Hartley Hartley-Smith

Personal information
- Full name: Hartley Hartley-Smith
- Born: 30 June 1852 Hammersmith, London, England
- Died: 21 March 1905 (aged 52) Upwey, Dorset, England
- Batting: Unknown
- Role: Wicket-keeper

Domestic team information
- 1889: Sussex
- 1880: Surrey

Career statistics
| Competition | First-class |
| Matches | 2 |
| Runs scored | 27 |
| Batting average | 6.75 |
| 100s/50s | –/– |
| Top score | 11 |
| Balls bowled | – |
| Wickets | – |
| Bowling average | – |
| 5 wickets in innings | – |
| 10 wickets in match | – |
| Best bowling | – |
| Catches/stumpings | 2/1 |
- Source: Cricinfo, 14 July 2012

= Hartley Hartley-Smith =

English cricketer

Hartley Hartley-Smith (30 July 1852 - 21 March 1905) was an English cricketer.
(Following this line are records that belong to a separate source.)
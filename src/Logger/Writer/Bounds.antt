-- ===== src/Logger/Writer/Bounds.antt =====
-- log_writer.cpp: what the files hold after a call, and how large they grow.
use supervisorcpp.Prelude.{
  ℕ, ◌+◌, ◌≤◌, ◌<◌, max, true, ◌&&◌, [], ◌∷◌, ◌++◌, some, inl, inr, ◌≡◌, ◌⊎◌, refl, ap, ◌∙◌, arith,
  ltb, ◌==◌, Bool-cases, length, pos, take, length-append, take-append-drop, length-take,
  append_assoc, append-nil, Bytes,
}
use supervisorcpp.Logger.Writer.{
  Io, LogWriter, open_nl, flush_end, make_room, append_nl, rotate_nl, write_nl, write_open, write,
  flush, write_pending, or_empty, add_size, size_mod,
}
use supervisorcpp.Logger.Writer.Rotation.{IsFaultless, rotate_nl-fresh}

-- The text of the log file.
abbrev pub log_text : LogWriter → Bytes
log_text w = or_empty w.disk.logfile

-- The log file is open and `current_size_` is its size.
pub record IsAccurate (w : LogWriter) : Type 0 where
  pub opened : w.is_open ≡ true
  pub there : w.disk.logfile ≡ some (log_text w)
  pub size_is : w.current_size ≡ length (log_text w)

-- The chunk went behind the text of the log, or the log was rotated and holds the chunk alone.
abbrev pub Appended : LogWriter → LogWriter → Bytes → Type 0
Appended w w' str =
    (log_text w' ≡ log_text w ++ str)
    ⊎ ((0 < w.max_bytes) × (w'.disk.backup 1 ≡ some (log_text w)) × (log_text w' ≡ str))

append_nl-text :
    (io : Io) (w : LogWriter) (str : Bytes)
    → IsFaultless io
    → w.is_open ≡ true
    → (log_text (append_nl io w str).0 ≡ log_text w ++ str)
      × ((append_nl io w str).0.disk.backup ≡ w.disk.backup)
      × ((append_nl io w str).0.current_size ≡ add_size w.current_size (length str))
      × ((append_nl io w str).1 ≡ pos (length str))
unfolding append_nl
append_nl-text io w str h o = rw (o, h.writes, append_nl) (refl, refl, refl, refl)

write_nl_steps :
    (io : Io) (w : LogWriter) (str : Bytes)
    → write_nl io w str ≡ append_nl io (make_room io w str) str
unfolding write_nl
write_nl_steps io w str = refl

-- Room is there already, or it is made.
make_room_cases :
    (io : Io) (w : LogWriter) (str : Bytes)
    → ((make_room io w str ≡ w)
        × ((w.max_bytes ≡ 0) ⊎ (add_size w.current_size (length str) ≤ w.max_bytes)))
      ⊎ ((make_room io w str ≡ rotate_nl io w) × (0 < w.max_bytes))
unfolding make_room
make_room_cases io w str =
    elim (Bool-cases
      (ltb 0 w.max_bytes && ltb w.max_bytes (add_size w.current_size (length str)))) [
        | inl e ↦ rw (e, make_room) (inr (refl, ground arith))
        | inr e ↦ rw (e, make_room) (inl (refl, ground arith))
      ]

write_nl-Appended :
    (io : Io) (w : LogWriter) (str : Bytes)
    → IsFaultless io
    → IsAccurate w
    → Appended w (write_nl io w str).0 str
write_nl-Appended io w str h a = rw write_nl_steps (elim (make_room_cases io w str) [
  | inl (same, _) ↦ rw same (inl (append_nl-text io w str h a.opened).0)
  | inr (made, limited) ↦
      let fresh = rotate_nl-fresh io w (log_text w) h a.there in
      let text = append_nl-text io (rotate_nl io w) str h fresh.0 in
      rw made (inr (limited, ap (λ f. f 1) text.1 ∙ fresh.3, text.0 ∙ rw fresh.2 refl))
])

-- With a limit, no failing call, an exact `current_size_` and sizes below 2 ^ 64, a write leaves the
-- log no larger than `max_bytes` or than the chunk, whichever is more.
pub write_nl-bounded :
    (io : Io) (w : LogWriter) (str : Bytes)
    → IsFaultless io
    → IsAccurate w
    → 0 < w.max_bytes
    → length (log_text w) + length str < size_mod
    → length (log_text (write_nl io w str).0) ≤ max w.max_bytes (length str)
write_nl-bounded io w str h a limited fits = rw write_nl_steps (elim (make_room_cases io w str) [
  | inl (same, room) ↦
      rw (same, (append_nl-text io w str h a.opened).0)
        (omega (arith, a.size_is, length-append (log_text w) str))
  | inr (made, _) ↦
      let fresh = rotate_nl-fresh io w (log_text w) h a.there in
      let text = append_nl-text io (rotate_nl io w) str h fresh.0 in
      rw (made, text.0, fresh.2) (omega arith)
])

write_nl-kept :
    (io : Io) (w : LogWriter) (str : Bytes)
    → IsFaultless io
    → IsAccurate w
    → length (log_text w) + length str < size_mod
    → IsAccurate (write_nl io w str).0
unfolding append_nl rotate_nl
write_nl-kept io w str h a fits = rw write_nl_steps (elim (make_room_cases io w str) [
  | inl (same, _) ↦
      rw (same, h.writes, a.opened, append_nl)
        (record {
          opened = refl;
          there = refl;
          size_is = omega (arith, a.size_is, length-append (log_text w) str);
        })
  | inr (made, _) ↦
      let fresh = rotate_nl-fresh io w (log_text w) h a.there in
      rw (made, h.writes, fresh.0, append_nl)
        (record { opened = refl; there = refl; size_is = rw (fresh.1, fresh.2) (omega arith) })
])

-- The bytes of the log and of the pending buffer, in the order in which they came in.
abbrev pub stream : LogWriter → Bytes
stream w = log_text w ++ w.pending_buffer

-- The stream grew by the chunk; or the log was rotated away whole, and the stream restarts with
-- what was pending.
abbrev pub Streamed : LogWriter → LogWriter → Bytes → Type 0
Streamed w w' chunk =
    (stream w' ≡ log_text w ++ (w.pending_buffer ++ chunk))
    ⊎ ((0 < w.max_bytes)
        × (w'.disk.backup 1 ≡ some (log_text w))
        × (stream w' ≡ w.pending_buffer ++ chunk))

cut-Streamed :
    (io : Io) (w : LogWriter) (chunk : Bytes)
    → IsFaultless io
    → IsAccurate w
    → length (log_text w) + (length w.pending_buffer + length chunk) < size_mod
    → IsAccurate (write_open io w chunk).0 × Streamed w (write_open io w chunk).0 chunk
unfolding write_open
cut-Streamed io w chunk h a fits = elim (Bool-cases (flush_end w.pending_buffer chunk == 0)) [
  | inl e ↦
      rw (e, write_open)
        (record { opened = a.opened; there = a.there; size_is = a.size_is }, inl refl)
  | inr e ↦
      let whole = w.pending_buffer ++ chunk in
      let cut = flush_end w.pending_buffer chunk in
      let w₀ = record w { pending_buffer = whole } in
      let a₀ : IsAccurate w₀ = record { opened = a.opened; there = a.there; size_is = a.size_is } in
      let kept =
        write_nl-kept io w₀ (take cut whole) h a₀
          (omega (arith, length-take cut whole, length-append w.pending_buffer chunk)) in
      rw (e, write_open)
        (
          record { opened = kept.opened; there = kept.there; size_is = kept.size_is },
          (elim (write_nl-Appended io w₀ (take cut whole) h a₀) [
            | inl t ↦ inl (
                rw (t, append_assoc (log_text w))
                  (ap (◌++◌ (log_text w)) (take-append-drop cut whole)))
            | inr t ↦ inr (t.0, t.1, rw t.2 (take-append-drop cut whole))
          ]),
        )
]

pub write-when_open :
    (io : Io) (w : LogWriter) (c : ℕ) (cs : Bytes)
    → w.is_open ≡ true
    → write io w (c ∷ cs) ≡ write_open io w (c ∷ cs)
unfolding write
write-when_open io w c cs o = ground arith

-- With the file open, no failing call and sizes below 2 ^ 64, `write` keeps an exact `current_size_`
-- exact and loses,
-- repeats and reorders no byte: log and pending buffer together grow by the new data, or the whole
-- old log became `logfile.1`, which takes a limit, and they restart with what was pending, then
-- the new data.
pub write-Streamed :
    (io : Io) (w : LogWriter) (chunk : Bytes)
    → IsFaultless io
    → IsAccurate w
    → length (log_text w) + (length w.pending_buffer + length chunk) < size_mod
    → IsAccurate (write io w chunk).0 × Streamed w (write io w chunk).0 chunk
unfolding write
write-Streamed io w [] h a fits = (a, inl (rw append-nil))
write-Streamed io w (c ∷ cs) h a fits =
    rw (write-when_open io w c cs a.opened) (cut-Streamed io w (c ∷ cs) h a fits)

-- With no failing call, `flush` puts what is pending behind the log.
pub flush-stream :
    (io : Io) (w : LogWriter)
    → IsFaultless io
    → IsAccurate w
    → (log_text (flush io w) ≡ stream w) × ((flush io w).pending_buffer ≡ [])
unfolding flush write_pending
flush-stream io w h a = ground (arith, append-nil (log_text w))

-- A write does not touch the settings.
pub write-max_bytes :
    (io : Io) (w : LogWriter) (chunk : Bytes) → (write io w chunk).0.max_bytes ≡ w.max_bytes
unfolding write write_open open_nl write_nl make_room append_nl rotate_nl
write-max_bytes io w chunk = ground arith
Hartley-Smith's batting style is unknown, though it is known he fielded as a wicket-keeper. He was born at Hammersmith, London. He changed his name from Hartley Smith to Hartley Hartley-Smith in March 1881.

Hartley-Smith made a single first-class appearance for Surrey against Gloucestershire at The Oval in 1880. Surrey won the toss and elected to bat first, making 114 all out, with Smith scoring 11 runs before he was dismissed by William Woof. Gloucestershire were then dismissed for 84 in their first-innings, with Surrey then making 114 all out in their second-innings, during which Smith was run out for 6. This set Gloucestershire a target of 145 for victory, but were dismissed for 62 in their chase. He later made a second first-class appearance for Sussex against Kent in 1889 at the County Ground, Hove. Kent won the toss and elected to bat first, making 258 all out, with Hartley-Smith taking two catches and making a single stumping. Sussex were then dismissed for just 97 in their first-innings, with Hartley-Smith contributing 10 runs to the total before being dismissed by Walter Wright. Forced to follow-on in their second-innings, Sussex made 123 all out, with Hartley-Smith the last man out, dismissed for a duck by Wright. Kent won the match by an innings and 38 runs.

He died at Upwey, Dorset, on 21 March 1905.